** Dataset extract follows **

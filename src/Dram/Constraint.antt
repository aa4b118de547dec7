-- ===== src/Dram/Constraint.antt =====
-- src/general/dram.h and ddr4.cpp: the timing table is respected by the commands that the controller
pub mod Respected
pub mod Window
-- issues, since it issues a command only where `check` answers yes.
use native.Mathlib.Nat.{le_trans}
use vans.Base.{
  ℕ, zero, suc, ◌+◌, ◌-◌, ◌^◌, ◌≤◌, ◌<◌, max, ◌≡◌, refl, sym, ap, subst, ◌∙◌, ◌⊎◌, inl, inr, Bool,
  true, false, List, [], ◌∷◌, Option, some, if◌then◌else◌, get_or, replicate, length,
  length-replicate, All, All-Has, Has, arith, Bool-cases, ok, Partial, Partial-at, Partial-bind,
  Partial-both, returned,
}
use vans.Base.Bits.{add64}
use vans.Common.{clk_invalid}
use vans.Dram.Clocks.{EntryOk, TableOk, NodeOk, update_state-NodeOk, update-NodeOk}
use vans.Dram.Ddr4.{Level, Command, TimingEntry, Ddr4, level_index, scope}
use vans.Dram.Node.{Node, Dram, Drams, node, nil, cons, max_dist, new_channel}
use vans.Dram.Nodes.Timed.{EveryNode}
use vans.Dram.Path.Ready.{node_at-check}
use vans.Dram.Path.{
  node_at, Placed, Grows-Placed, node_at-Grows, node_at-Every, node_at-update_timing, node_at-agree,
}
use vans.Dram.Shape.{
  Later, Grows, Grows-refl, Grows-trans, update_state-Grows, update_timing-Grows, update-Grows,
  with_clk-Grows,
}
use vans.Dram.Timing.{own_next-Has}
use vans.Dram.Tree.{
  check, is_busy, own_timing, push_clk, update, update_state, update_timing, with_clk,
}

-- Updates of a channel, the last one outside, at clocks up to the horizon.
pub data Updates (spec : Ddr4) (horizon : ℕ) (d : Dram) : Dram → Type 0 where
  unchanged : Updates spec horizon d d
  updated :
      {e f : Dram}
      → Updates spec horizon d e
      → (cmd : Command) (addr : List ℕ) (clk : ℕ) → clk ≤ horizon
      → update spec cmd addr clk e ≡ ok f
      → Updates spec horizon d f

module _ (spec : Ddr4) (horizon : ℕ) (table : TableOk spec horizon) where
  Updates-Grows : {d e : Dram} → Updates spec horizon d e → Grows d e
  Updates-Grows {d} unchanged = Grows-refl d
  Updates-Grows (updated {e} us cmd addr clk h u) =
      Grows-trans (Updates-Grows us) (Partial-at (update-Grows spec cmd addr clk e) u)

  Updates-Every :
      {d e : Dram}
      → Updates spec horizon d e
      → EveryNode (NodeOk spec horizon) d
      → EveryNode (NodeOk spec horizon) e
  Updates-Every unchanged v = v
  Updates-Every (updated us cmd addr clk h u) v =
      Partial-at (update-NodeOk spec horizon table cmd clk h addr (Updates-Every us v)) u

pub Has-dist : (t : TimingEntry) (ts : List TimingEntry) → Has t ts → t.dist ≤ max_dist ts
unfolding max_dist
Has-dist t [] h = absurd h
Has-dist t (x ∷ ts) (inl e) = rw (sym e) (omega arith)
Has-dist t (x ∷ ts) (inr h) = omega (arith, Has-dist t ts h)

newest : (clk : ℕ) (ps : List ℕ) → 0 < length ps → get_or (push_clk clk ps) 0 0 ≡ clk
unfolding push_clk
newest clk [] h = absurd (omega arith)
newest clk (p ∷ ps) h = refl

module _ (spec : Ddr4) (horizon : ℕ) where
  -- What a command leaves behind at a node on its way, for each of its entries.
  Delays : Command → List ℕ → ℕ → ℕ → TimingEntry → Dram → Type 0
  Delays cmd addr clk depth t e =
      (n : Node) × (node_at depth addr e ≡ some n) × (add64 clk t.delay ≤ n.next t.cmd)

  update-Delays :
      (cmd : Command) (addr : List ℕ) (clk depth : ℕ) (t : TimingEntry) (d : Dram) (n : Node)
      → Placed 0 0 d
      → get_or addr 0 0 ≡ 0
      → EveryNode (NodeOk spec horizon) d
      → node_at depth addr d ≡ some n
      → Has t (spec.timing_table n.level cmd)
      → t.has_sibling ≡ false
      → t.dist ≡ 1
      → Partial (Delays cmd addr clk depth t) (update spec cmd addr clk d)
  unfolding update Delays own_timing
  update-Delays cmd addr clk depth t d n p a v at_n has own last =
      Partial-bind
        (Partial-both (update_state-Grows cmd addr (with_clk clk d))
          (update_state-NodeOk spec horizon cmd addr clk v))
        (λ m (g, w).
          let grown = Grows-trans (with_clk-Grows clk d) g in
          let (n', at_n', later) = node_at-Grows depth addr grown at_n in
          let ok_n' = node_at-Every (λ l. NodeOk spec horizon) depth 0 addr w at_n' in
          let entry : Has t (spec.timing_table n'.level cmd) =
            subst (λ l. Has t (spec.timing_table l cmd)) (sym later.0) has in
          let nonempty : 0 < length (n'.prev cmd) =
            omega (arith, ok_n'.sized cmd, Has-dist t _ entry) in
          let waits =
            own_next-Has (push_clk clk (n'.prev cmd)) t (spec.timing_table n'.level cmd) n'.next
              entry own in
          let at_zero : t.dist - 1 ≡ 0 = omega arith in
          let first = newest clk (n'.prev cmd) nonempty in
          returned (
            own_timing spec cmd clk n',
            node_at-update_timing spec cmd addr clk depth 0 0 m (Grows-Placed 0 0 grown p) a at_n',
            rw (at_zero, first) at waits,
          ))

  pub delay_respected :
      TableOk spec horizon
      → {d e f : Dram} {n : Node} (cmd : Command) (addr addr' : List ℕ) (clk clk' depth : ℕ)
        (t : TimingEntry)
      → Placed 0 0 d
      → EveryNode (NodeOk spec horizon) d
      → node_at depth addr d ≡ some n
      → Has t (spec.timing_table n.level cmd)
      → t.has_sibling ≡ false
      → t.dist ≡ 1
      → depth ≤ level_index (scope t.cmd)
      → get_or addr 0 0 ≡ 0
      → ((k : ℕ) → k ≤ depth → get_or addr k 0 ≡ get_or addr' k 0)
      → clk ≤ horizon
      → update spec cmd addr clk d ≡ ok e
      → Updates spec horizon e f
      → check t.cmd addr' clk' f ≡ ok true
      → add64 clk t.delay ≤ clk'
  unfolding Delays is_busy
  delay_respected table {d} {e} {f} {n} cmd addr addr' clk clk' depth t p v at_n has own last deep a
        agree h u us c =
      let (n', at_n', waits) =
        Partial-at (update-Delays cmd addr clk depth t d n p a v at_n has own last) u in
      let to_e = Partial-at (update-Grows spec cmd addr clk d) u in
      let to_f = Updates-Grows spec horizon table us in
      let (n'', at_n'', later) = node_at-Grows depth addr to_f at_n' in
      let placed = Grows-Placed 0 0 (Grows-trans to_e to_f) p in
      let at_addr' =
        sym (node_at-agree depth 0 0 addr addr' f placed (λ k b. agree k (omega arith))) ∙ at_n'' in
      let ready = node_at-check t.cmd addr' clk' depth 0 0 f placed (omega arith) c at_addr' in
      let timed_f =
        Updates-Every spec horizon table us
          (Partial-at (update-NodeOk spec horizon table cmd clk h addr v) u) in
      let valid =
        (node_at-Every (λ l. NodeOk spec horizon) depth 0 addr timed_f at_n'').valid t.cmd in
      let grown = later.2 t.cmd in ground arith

** End of Dataset extract **

Work required —
Output the listing above exactly as it appears.

Solved exercise —
filename src/Dram/Constraint.antt
repository aa4b118de547dec7
-- ===== src/Dram/Constraint.antt =====
-- src/general/dram.h and ddr4.cpp: the timing table is respected by the commands that the controller
pub mod Respected
pub mod Window
-- issues, since it issues a command only where `check` answers yes.
use native.Mathlib.Nat.{le_trans}
use vans.Base.{
  ℕ, zero, suc, ◌+◌, ◌-◌, ◌^◌, ◌≤◌, ◌<◌, max, ◌≡◌, refl, sym, ap, subst, ◌∙◌, ◌⊎◌, inl, inr, Bool,
  true, false, List, [], ◌∷◌, Option, some, if◌then◌else◌, get_or, replicate, length,
  length-replicate, All, All-Has, Has, arith, Bool-cases, ok, Partial, Partial-at, Partial-bind,
  Partial-both, returned,
}
use vans.Base.Bits.{add64}
use vans.Common.{clk_invalid}
use vans.Dram.Clocks.{EntryOk, TableOk, NodeOk, update_state-NodeOk, update-NodeOk}
use vans.Dram.Ddr4.{Level, Command, TimingEntry, Ddr4, level_index, scope}
use vans.Dram.Node.{Node, Dram, Drams, node, nil, cons, max_dist, new_channel}
use vans.Dram.Nodes.Timed.{EveryNode}
use vans.Dram.Path.Ready.{node_at-check}
use vans.Dram.Path.{
  node_at, Placed, Grows-Placed, node_at-Grows, node_at-Every, node_at-update_timing, node_at-agree,
}
use vans.Dram.Shape.{
  Later, Grows, Grows-refl, Grows-trans, update_state-Grows, update_timing-Grows, update-Grows,
  with_clk-Grows,
}
use vans.Dram.Timing.{own_next-Has}
use vans.Dram.Tree.{
  check, is_busy, own_timing, push_clk, update, update_state, update_timing, with_clk,
}

-- Updates of a channel, the last one outside, at clocks up to the horizon.
pub data Updates (spec : Ddr4) (horizon : ℕ) (d : Dram) : Dram → Type 0 where
  unchanged : Updates spec horizon d d
  updated :
      {e f : Dram}
      → Updates spec horizon d e
      → (cmd : Command) (addr : List ℕ) (clk : ℕ) → clk ≤ horizon
      → update spec cmd addr clk e ≡ ok f
      → Updates spec horizon d f

module _ (spec : Ddr4) (horizon : ℕ) (table : TableOk spec horizon) where
  Updates-Grows : {d e : Dram} → Updates spec horizon d e → Grows d e
  Updates-Grows {d} unchanged = Grows-refl d
  Updates-Grows (updated {e} us cmd addr clk h u) =
      Grows-trans (Updates-Grows us) (Partial-at (update-Grows spec cmd addr clk e) u)

  Updates-Every :
      {d e : Dram}
      → Updates spec horizon d e
      → EveryNode (NodeOk spec horizon) d
      → EveryNode (NodeOk spec horizon) e
  Updates-Every unchanged v = v
  Updates-Every (updated us cmd addr clk h u) v =
      Partial-at (update-NodeOk spec horizon table cmd clk h addr (Updates-Every us v)) u

pub Has-dist : (t : TimingEntry) (ts : List TimingEntry) → Has t ts → t.dist ≤ max_dist ts
unfolding max_dist
Has-dist t [] h = absurd h
Has-dist t (x ∷ ts) (inl e) = rw (sym e) (omega arith)
Has-dist t (x ∷ ts) (inr h) = omega (arith, Has-dist t ts h)

newest : (clk : ℕ) (ps : List ℕ) → 0 < length ps → get_or (push_clk clk ps) 0 0 ≡ clk
unfolding push_clk
newest clk [] h = absurd (omega arith)
newest clk (p ∷ ps) h = refl

module _ (spec : Ddr4) (horizon : ℕ) where
  -- What a command leaves behind at a node on its way, for each of its entries.
  Delays : Command → List ℕ → ℕ → ℕ → TimingEntry → Dram → Type 0
  Delays cmd addr clk depth t e =
      (n : Node) × (node_at depth addr e ≡ some n) × (add64 clk t.delay ≤ n.next t.cmd)

  update-Delays :
      (cmd : Command) (addr : List ℕ) (clk depth : ℕ) (t : TimingEntry) (d : Dram) (n : Node)
      → Placed 0 0 d
      → get_or addr 0 0 ≡ 0
      → EveryNode (NodeOk spec horizon) d
      → node_at depth addr d ≡ some n
      → Has t (spec.timing_table n.level cmd)
      → t.has_sibling ≡ false
      → t.dist ≡ 1
      → Partial (Delays cmd addr clk depth t) (update spec cmd addr clk d)
  unfolding update Delays own_timing
  update-Delays cmd addr clk depth t d n p a v at_n has own last =
      Partial-bind
        (Partial-both (update_state-Grows cmd addr (with_clk clk d))
          (update_state-NodeOk spec horizon cmd addr clk v))
        (λ m (g, w).
          let grown = Grows-trans (with_clk-Grows clk d) g in
          let (n', at_n', later) = node_at-Grows depth addr grown at_n in
          let ok_n' = node_at-Every (λ l. NodeOk spec horizon) depth 0 addr w at_n' in
          let entry : Has t (spec.timing_table n'.level cmd) =
            subst (λ l. Has t (spec.timing_table l cmd)) (sym later.0) has in
          let nonempty : 0 < length (n'.prev cmd) =
            omega (arith, ok_n'.sized cmd, Has-dist t _ entry) in
          let waits =
            own_next-Has (push_clk clk (n'.prev cmd)) t (spec.timing_table n'.level cmd) n'.next
              entry own in
          let at_zero : t.dist - 1 ≡ 0 = omega arith in
          let first = newest clk (n'.prev cmd) nonempty in
          returned (
            own_timing spec cmd clk n',
            node_at-update_timing spec cmd addr clk depth 0 0 m (Grows-Placed 0 0 grown p) a at_n',
            rw (at_zero, first) at waits,
          ))

  pub delay_respected :
      TableOk spec horizon
      → {d e f : Dram} {n : Node} (cmd : Command) (addr addr' : List ℕ) (clk clk' depth : ℕ)
        (t : TimingEntry)
      → Placed 0 0 d
      → EveryNode (NodeOk spec horizon) d
      → node_at depth addr d ≡ some n
      → Has t (spec.timing_table n.level cmd)
      → t.has_sibling ≡ false
      → t.dist ≡ 1
      → depth ≤ level_index (scope t.cmd)
      → get_or addr 0 0 ≡ 0
      → ((k : ℕ) → k ≤ depth → get_or addr k 0 ≡ get_or addr' k 0)
      → clk ≤ horizon
      → update spec cmd addr clk d ≡ ok e
      → Updates spec horizon e f
      → check t.cmd addr' clk' f ≡ ok true
      → add64 clk t.delay ≤ clk'
  unfolding Delays is_busy
  delay_respected table {d} {e} {f} {n} cmd addr addr' clk clk' depth t p v at_n has own last deep a
        agree h u us c =
      let (n', at_n', waits) =
        Partial-at (update-Delays cmd addr clk depth t d n p a v at_n has own last) u in
      let to_e = Partial-at (update-Grows spec cmd addr clk d) u in
      let to_f = Updates-Grows spec horizon table us in
      let (n'', at_n'', later) = node_at-Grows depth addr to_f at_n' in
      let placed = Grows-Placed 0 0 (Grows-trans to_e to_f) p in
      let at_addr' =
        sym (node_at-agree depth 0 0 addr addr' f placed (λ k b. agree k (omega arith))) ∙ at_n'' in
      let ready = node_at-check t.cmd addr' clk' depth 0 0 f placed (omega arith) c at_addr' in
      let timed_f =
        Updates-Every spec horizon table us
          (Partial-at (update-NodeOk spec horizon table cmd clk h addr v) u) in
      let valid =
        (node_at-Every (λ l. NodeOk spec horizon) depth 0 addr timed_f at_n'').valid t.cmd in
      let grown = later.2 t.cmd in ground arith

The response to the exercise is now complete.